If a line in the entries below includes the string "HasData", copy it out.

** Data extracts follows **

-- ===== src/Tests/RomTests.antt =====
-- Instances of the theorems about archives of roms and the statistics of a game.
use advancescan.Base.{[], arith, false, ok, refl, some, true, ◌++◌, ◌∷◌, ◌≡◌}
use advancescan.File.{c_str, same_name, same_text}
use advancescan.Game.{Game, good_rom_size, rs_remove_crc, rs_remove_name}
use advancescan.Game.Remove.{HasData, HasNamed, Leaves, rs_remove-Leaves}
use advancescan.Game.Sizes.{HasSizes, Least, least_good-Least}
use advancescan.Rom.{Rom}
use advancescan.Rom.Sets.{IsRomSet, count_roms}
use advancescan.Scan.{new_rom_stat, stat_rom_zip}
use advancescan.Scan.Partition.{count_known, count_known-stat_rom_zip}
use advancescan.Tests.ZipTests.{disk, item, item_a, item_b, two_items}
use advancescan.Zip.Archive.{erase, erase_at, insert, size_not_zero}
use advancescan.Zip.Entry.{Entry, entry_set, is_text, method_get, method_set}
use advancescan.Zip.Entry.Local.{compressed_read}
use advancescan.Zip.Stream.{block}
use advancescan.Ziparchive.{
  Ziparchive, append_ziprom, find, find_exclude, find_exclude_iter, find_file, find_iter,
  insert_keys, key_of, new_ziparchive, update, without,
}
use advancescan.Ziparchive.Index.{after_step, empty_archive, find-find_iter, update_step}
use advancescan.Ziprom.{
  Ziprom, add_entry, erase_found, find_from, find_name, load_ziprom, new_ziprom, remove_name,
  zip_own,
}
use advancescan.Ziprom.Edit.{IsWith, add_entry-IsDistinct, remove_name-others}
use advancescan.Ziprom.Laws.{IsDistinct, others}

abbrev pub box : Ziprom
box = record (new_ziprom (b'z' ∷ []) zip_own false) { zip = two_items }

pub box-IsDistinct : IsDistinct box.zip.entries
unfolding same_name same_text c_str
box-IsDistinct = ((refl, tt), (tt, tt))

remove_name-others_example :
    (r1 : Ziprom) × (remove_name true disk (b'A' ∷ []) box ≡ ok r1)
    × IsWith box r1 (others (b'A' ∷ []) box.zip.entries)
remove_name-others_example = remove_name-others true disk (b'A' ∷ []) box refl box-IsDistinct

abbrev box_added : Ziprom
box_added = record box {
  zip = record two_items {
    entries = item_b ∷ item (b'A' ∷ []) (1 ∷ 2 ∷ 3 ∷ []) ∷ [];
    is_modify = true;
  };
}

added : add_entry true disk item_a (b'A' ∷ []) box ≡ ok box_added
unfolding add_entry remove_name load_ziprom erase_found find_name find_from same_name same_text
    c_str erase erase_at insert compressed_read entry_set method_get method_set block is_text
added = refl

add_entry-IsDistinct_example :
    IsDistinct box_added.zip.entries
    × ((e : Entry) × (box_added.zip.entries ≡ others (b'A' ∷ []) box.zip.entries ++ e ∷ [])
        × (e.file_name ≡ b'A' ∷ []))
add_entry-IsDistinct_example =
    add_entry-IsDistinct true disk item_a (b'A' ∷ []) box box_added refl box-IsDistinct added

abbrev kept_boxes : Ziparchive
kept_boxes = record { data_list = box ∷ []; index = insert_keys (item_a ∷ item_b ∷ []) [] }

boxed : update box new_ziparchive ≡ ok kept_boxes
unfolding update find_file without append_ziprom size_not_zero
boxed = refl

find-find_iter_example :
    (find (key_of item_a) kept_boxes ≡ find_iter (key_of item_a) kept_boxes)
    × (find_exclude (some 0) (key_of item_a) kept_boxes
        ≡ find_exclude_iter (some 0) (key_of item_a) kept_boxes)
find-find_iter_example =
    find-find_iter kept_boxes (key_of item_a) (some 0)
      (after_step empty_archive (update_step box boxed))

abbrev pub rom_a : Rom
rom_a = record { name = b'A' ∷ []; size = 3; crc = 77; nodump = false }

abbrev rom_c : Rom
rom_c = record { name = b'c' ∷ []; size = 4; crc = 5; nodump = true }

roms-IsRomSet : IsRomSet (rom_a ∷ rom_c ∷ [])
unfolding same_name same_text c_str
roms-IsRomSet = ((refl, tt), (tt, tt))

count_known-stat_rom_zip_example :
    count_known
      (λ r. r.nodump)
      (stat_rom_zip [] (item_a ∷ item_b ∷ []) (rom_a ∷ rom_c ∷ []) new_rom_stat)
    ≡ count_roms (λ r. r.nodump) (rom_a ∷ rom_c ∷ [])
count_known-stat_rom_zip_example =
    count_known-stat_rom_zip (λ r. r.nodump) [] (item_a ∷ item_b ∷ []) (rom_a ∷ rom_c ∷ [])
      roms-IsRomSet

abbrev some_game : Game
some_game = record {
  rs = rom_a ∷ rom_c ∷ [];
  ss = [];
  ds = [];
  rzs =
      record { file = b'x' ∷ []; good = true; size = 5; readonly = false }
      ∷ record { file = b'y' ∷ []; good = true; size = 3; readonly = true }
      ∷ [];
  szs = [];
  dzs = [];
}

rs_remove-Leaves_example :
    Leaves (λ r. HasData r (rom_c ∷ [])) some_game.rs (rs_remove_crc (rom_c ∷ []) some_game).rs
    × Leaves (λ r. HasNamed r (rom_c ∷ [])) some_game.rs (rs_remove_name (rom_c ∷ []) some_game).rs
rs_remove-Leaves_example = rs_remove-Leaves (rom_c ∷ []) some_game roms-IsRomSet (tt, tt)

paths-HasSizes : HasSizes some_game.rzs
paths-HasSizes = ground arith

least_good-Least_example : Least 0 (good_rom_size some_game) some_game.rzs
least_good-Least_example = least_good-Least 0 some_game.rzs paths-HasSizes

** End of Data extracts **

**Finished exercise**:
use advancescan.Game.Remove.{HasData, HasNamed, Leaves, rs_remove-Leaves}
    Leaves (λ r. HasData r (rom_c ∷ [])) some_game.rs (rs_remove_crc (rom_c ∷ []) some_game).rs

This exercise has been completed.